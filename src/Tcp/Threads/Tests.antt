-- ===== src/Tcp/Threads/Tests.antt =====
-- Handlers of several threads over the reference database.
use quitsies.Prelude.{ℕ, ◌≡◌, refl, [], ◌∷◌, some, err}
use quitsies.Text.{Bytes, codes, eqb}
use quitsies.Db.Store.{Store}
use quitsies.Db.Memory.{Memory, memory, lookup}
use quitsies.Tcp.Request.Types.{CommandType, add}
use quitsies.Tcp.Request.Response.{error_line}
use quitsies.Tcp.Memcached.Reference.{view, memory-IsMap}
use quitsies.Tcp.Threads.{add_locks, add_looks, add_puts, ended, one_call}
use quitsies.Tcp.Threads.Shared.{
  Shared, at, begins, returns, Threads, nothing_yet, then_thread, idle, Any,
}
use quitsies.Tcp.Threads.Exclusion.{Threads-exclude}
use quitsies.Tcp.Threads.Progress.{CanCall, Threads-CanCall}
use quitsies.Tcp.Threads.Lost.{Lost, throws-Lost}
use quitsies.Tcp.Threads.Race.{set-races, delete-races}

abbrev blank : Memory
blank = record { items = []; calls = [] }

abbrev k : Bytes
k = codes "k"

abbrev v : Bytes
v = codes "v"

-- Thread 1 adds a key: it has begun, locked, and looked.
abbrev begun : Shared Memory
begun = record (idle blank) { points = at (λ i. ended []) 1 (add_locks k v) }

abbrev locked : Shared Memory
locked = record {
  database = (one_call memory (add_locks k v) blank).1;
  holder = some 1;
  points = at begun.points 1 (add_looks k v);
}

abbrev looked : Shared Memory
looked = record {
  database = (one_call memory (add_looks k v) locked.database).1;
  holder = some 1;
  points = at locked.points 1 (add_puts k v);
}

locked-Threads :
    (Allowed : CommandType → Type 0) → Allowed add → Threads memory Allowed (idle blank) locked
unfolding one_call memory
locked-Threads Allowed may =
    then_thread (then_thread nothing_yet (begins 1 [] add k [] v refl may refl))
      (returns 1 (add_looks k v) _ refl refl refl)

looked-Threads :
    (Allowed : CommandType → Type 0) → Allowed add → Threads memory Allowed (idle blank) looked
unfolding one_call memory
looked-Threads Allowed may =
    then_thread (locked-Threads Allowed may) (returns 1 (add_puts k v) _ tt refl refl)

Threads-exclude_example : ◌≡◌ {A = ℕ} 1 1
Threads-exclude_example = Threads-exclude memory Any blank 1 1 (looked-Threads Any tt) tt tt

Threads-CanCall_example : (i : ℕ) × CanCall i looked
Threads-CanCall_example =
    Threads-CanCall memory view memory-IsMap Any blank 1 (looked-Threads Any tt) (λ reply e. cc (e))

-- A database that cannot read.
abbrev unreadable : Store Memory
unreadable = record memory { get = λ key m. (err (codes "disk"), m) }

abbrev begun_there : Shared Memory
begun_there = record {
  database = (one_call unreadable (add_locks k v) blank).1;
  holder = some 1;
  points = at begun.points 1 (add_looks k v);
}

there-Threads : Threads unreadable Any (idle blank) begun_there
unfolding one_call memory
there-Threads =
    then_thread (then_thread nothing_yet (begins 1 [] add k [] v refl tt refl))
      (returns 1 (add_looks k v) _ refl refl refl)

abbrev failed_there : Shared Memory
failed_there = record begun_there {
  points = at begun_there.points 1 (ended (error_line (codes "disk")));
}

throws-Lost_example : Lost 1 failed_there
unfolding one_call
throws-Lost_example =
    throws-Lost unreadable Any blank 1 (codes "disk") begun_there.database there-Threads tt refl
      nothing_yet

set-races_example :
    (w : Shared Memory) × Threads memory Any (idle blank) w
    × (w.points 0 ≡ ended (codes "STORED\r\n"))
    × (w.points 1 ≡ ended (codes "STORED\r\n"))
    × (view w.database k ≡ some v)
unfolding lookup
set-races_example = set-races memory view memory-IsMap k v (codes "w") blank refl

abbrev stored : Memory
stored = record { items = (k, v) ∷ []; calls = [] }

delete-races_example :
    (w : Shared Memory) × Threads memory Any (idle stored) w
    × (w.points 0 ≡ ended (codes "DELETED\r\n"))
    × (w.points 1 ≡ ended (codes "DELETED\r\n"))
unfolding lookup eqb
delete-races_example = delete-races memory view memory-IsMap k v stored refl
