-- ===== src/Clamav/Lines.antt =====
-- The reading of clamd's version line (app/services/clamav_client.py, _parse_version_line).
use mathlib.Core.List.{append-nil, append_assoc}
use rfp.Clamav.{ClamavEnv}
use rfp.Clamav.Version.{
  VersionOps, after_space, engine_version_of, parse_version_line, parse_version_timestamp,
  some_name, up_to_slash, version_parts, version_tail,
}
use rfp.Extraction.World.{is_empty, strip}
use rfp.Prelude.{
  Bool, Option, String, Text, [], any_char, ap, arith, false, if_both, inl, inr, none, refl, some,
  sym, true, ℕ, ◌++◌, ◌==◌, ◌||◌, ◌∙◌, ◌∷◌, ◌≡◌, ◌⊎◌,
}
use rfp.Scan.World.{VersionInfo}

neither_left : (a b : Bool) → (a || b) ≡ false → a ≡ false
neither_left a b h = ground (arith, h)

neither_right : (a b : Bool) → (a || b) ≡ false → b ≡ false
neither_right a b h = ground (arith, h)

abbrev pub slash_in : Text → Bool
slash_in = any_char (λ c. c == 0x2f)

abbrev pub break_in : Text → Bool
break_in = any_char (λ c. c == 0x0a)

up_to_slash-joined :
    (sig rest : Text) → slash_in sig ≡ false → up_to_slash (sig ++ (0x2f ∷ rest)) ≡ some (sig, rest)
unfolding up_to_slash any_char
up_to_slash-joined [] rest h = refl
up_to_slash-joined (c ∷ cs) rest h =
    rw (neither_left (c == 0x2f) (slash_in cs) h)
      (rw (up_to_slash-joined cs rest (neither_right (c == 0x2f) (slash_in cs) h)) refl)

version_tail-joined :
    (sig timestamp : Text)
    → is_empty sig ≡ false
    → slash_in sig ≡ false
    → is_empty timestamp ≡ false
    → break_in timestamp ≡ false
    → version_tail (sig ++ (0x2f ∷ timestamp)) ≡ some (sig, timestamp)
unfolding version_tail
version_tail-joined sig timestamp e s t b =
    rw (up_to_slash-joined sig timestamp s) (rw e (rw t (rw b refl)))

is_empty-longer : (first : Text) (c : ℕ) (cs : Text) → is_empty (first ++ (c ∷ cs)) ≡ false
is_empty-longer [] c cs = refl
is_empty-longer (x ∷ xs) c cs = refl

version_parts-joined :
    (first engine tail : Text) (parts : Text × Text)
    → is_empty (first ++ engine) ≡ false
    → slash_in engine ≡ false
    → break_in engine ≡ false
    → version_tail tail ≡ some parts
    → version_parts first (engine ++ (0x2f ∷ tail)) ≡ some (first ++ engine, parts)
unfolding version_parts any_char
version_parts-joined first [] tail parts e s b t =
    let f : is_empty first ≡ false = ap is_empty (sym (append-nil first)) ∙ e in
    rw f (rw t (ap (λ (l : Text). some (l, parts)) (sym (append-nil first))))
version_parts-joined first (c ∷ cs) tail parts e s b t =
    let flat : (first ++ (c ∷ [])) ++ cs ≡ first ++ (c ∷ cs) = append_assoc first (c ∷ []) cs in
    rw (neither_left (c == 0x2f) (slash_in cs) s) (
      rw (neither_left (c == 0x0a) (break_in cs) b) (
        version_parts-joined (first ++ (c ∷ [])) cs tail parts (ap is_empty flat ∙ e)
          (neither_right (c == 0x2f) (slash_in cs) s) (neither_right (c == 0x0a) (break_in cs) b) t
        ∙ ap (λ (l : Text). some (l, parts)) flat))

-- What clamd prints: an engine, a slash, the version of the signatures, a slash and the time.
abbrev pub version_line : Text → Text → Text → Text
version_line engine sig timestamp = engine ++ (0x2f ∷ (sig ++ (0x2f ∷ timestamp)))

abbrev pub space_in : Text → Bool
space_in = any_char (λ c. c == 0x20)

-- The name of a text, if it is not empty.
abbrev pub IsNamed : ClamavEnv → Text → Option String → Type 0
IsNamed env piece named =
    ((is_empty piece ≡ true) × (named ≡ none))
    ⊎ ((is_empty piece ≡ false) × (named ≡ some (env.name_of piece)))

-- The name of everything behind the first space, without the spaces around it; or of the whole, if there is
-- no space in it.
abbrev pub IsEngineVersion : ClamavEnv → Text → Option String → Type 0
IsEngineVersion env engine named =
    ((first : Text) × (behind : Text) × (engine ≡ first ++ (0x20 ∷ behind))
      × (space_in first ≡ false)
      × (named ≡ some (env.name_of (strip env.chars behind))))
    ⊎ ((space_in engine ≡ false) × IsNamed env engine named)

-- What follows the first space, if there is one.
abbrev AfterSpace : Text → Option Text → Type 0
AfterSpace engine none = space_in engine ≡ false
AfterSpace engine (some behind) =
    (first : Text) × (engine ≡ first ++ (0x20 ∷ behind)) × (space_in first ≡ false)

longer_first :
    (c : ℕ) (cs : Text) (o : Option Text)
    → (c == 0x20) ≡ false
    → AfterSpace cs o
    → AfterSpace (c ∷ cs) o
unfolding any_char
longer_first c cs none n e = rw (n, e) refl
longer_first c cs (some behind) n (first, split, e) =
    (c ∷ first, ap (λ (t : Text). c ∷ t) split, rw (n, e) refl)

after_space-AfterSpace : (engine : Text) → AfterSpace engine (after_space engine)
unfolding after_space any_char
after_space-AfterSpace [] = refl
after_space-AfterSpace (c ∷ cs) =
    if_both (AfterSpace (c ∷ cs)) (c == 0x20) _ _
      (λ e. ([], ap (λ (x : ℕ). x ∷ cs) (ground (arith, e)), refl))
      (λ n. longer_first c cs (after_space cs) n (after_space-AfterSpace cs))

some_name-IsNamed : (env : ClamavEnv) (piece : Text) → IsNamed env piece (some_name env piece)
unfolding some_name
some_name-IsNamed env piece =
    if_both (IsNamed env piece) (is_empty piece) _ _ (λ e. inl (e, refl)) (λ e. inr (e, refl))

engine_version_of-IsEngineVersion :
    (env : ClamavEnv) (engine : Text) → IsEngineVersion env engine (engine_version_of env engine)
unfolding engine_version_of
engine_version_of-IsEngineVersion env engine =
    by_space (after_space engine) (after_space-AfterSpace engine)
  where
    by_space :
        (o : Option Text)
        → AfterSpace engine o
        → IsEngineVersion env engine (elim o [
          | none ↦ some_name env engine
          | some second ↦ some (env.name_of (strip env.chars second))
        ])
    by_space none e = inr (e, some_name-IsNamed env engine)
    by_space (some behind) (first, split, e) = inl (first, behind, split, e, refl)

-- A version line is read back in its parts: if the engine is not empty and has neither a slash nor a line
-- break, the version of the signatures is not empty and has no slash, and the time is not empty and has no
-- line break, then the line is accepted; the version of the engine is all that follows the first space in
-- the trimmed engine, or the whole if it has no space; the version of the signatures is the trimmed text
-- between the slashes, none if it is blank; and the time is what parse_version_timestamp makes of the
-- trimmed text after them.
pub parse_version_line-version_line :
    (ops : VersionOps) (engine sig timestamp : Text)
    → is_empty engine ≡ false
    → slash_in engine ≡ false
    → break_in engine ≡ false
    → is_empty sig ≡ false
    → slash_in sig ≡ false
    → is_empty timestamp ≡ false
    → break_in timestamp ≡ false
    → (info : VersionInfo) × (parse_version_line ops (version_line engine sig timestamp)
        ≡ some info)
      × IsEngineVersion ops.env (strip ops.env.chars engine) info.engine_version
      × IsNamed ops.env (strip ops.env.chars sig) info.signature_version
      × (info.signature_timestamp ≡ parse_version_timestamp ops (strip ops.env.chars timestamp))
unfolding parse_version_line
parse_version_line-version_line ops engine sig timestamp e es eb s ss t tb = (
  record {
    engine_version = engine_version_of ops.env (strip ops.env.chars engine);
    signature_version = some_name ops.env (strip ops.env.chars sig);
    signature_timestamp = parse_version_timestamp ops (strip ops.env.chars timestamp);
  },
  rw
      (version_parts-joined [] engine (sig ++ (0x2f ∷ timestamp)) (sig, timestamp) e es eb
        (version_tail-joined sig timestamp s ss t tb))
      refl,
  engine_version_of-IsEngineVersion ops.env (strip ops.env.chars engine),
  some_name-IsNamed ops.env (strip ops.env.chars sig),
  refl,
)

• **Required action**
Each line in the entries above, starting at the line with "((is_empty piece ≡ true)" and ending at the line with "longer_first c cs (some", is to be printed exactly, and only those lines.

• **Output of the exercise**
    ((is_empty piece ≡ true) × (named ≡ none))
    ⊎ ((is_empty piece ≡ false) × (named ≡ some (env.name_of piece)))

-- The name of everything behind the first space, without the spaces around it; or of the whole, if there is
-- no space in it.
abbrev pub IsEngineVersion : ClamavEnv → Text → Option String → Type 0
IsEngineVersion env engine named =
    ((first : Text) × (behind : Text) × (engine ≡ first ++ (0x20 ∷ behind))
      × (space_in first ≡ false)
      × (named ≡ some (env.name_of (strip env.chars behind))))
    ⊎ ((space_in engine ≡ false) × IsNamed env engine named)

-- What follows the first space, if there is one.
abbrev AfterSpace : Text → Option Text → Type 0
AfterSpace engine none = space_in engine ≡ false
AfterSpace engine (some behind) =
    (first : Text) × (engine ≡ first ++ (0x20 ∷ behind)) × (space_in first ≡ false)

longer_first :
    (c : ℕ) (cs : Text) (o : Option Text)
    → (c == 0x20) ≡ false
    → AfterSpace cs o
    → AfterSpace (c ∷ cs) o
unfolding any_char
longer_first c cs none n e = rw (n, e) refl
longer_first c cs (some behind) n (first, split, e) =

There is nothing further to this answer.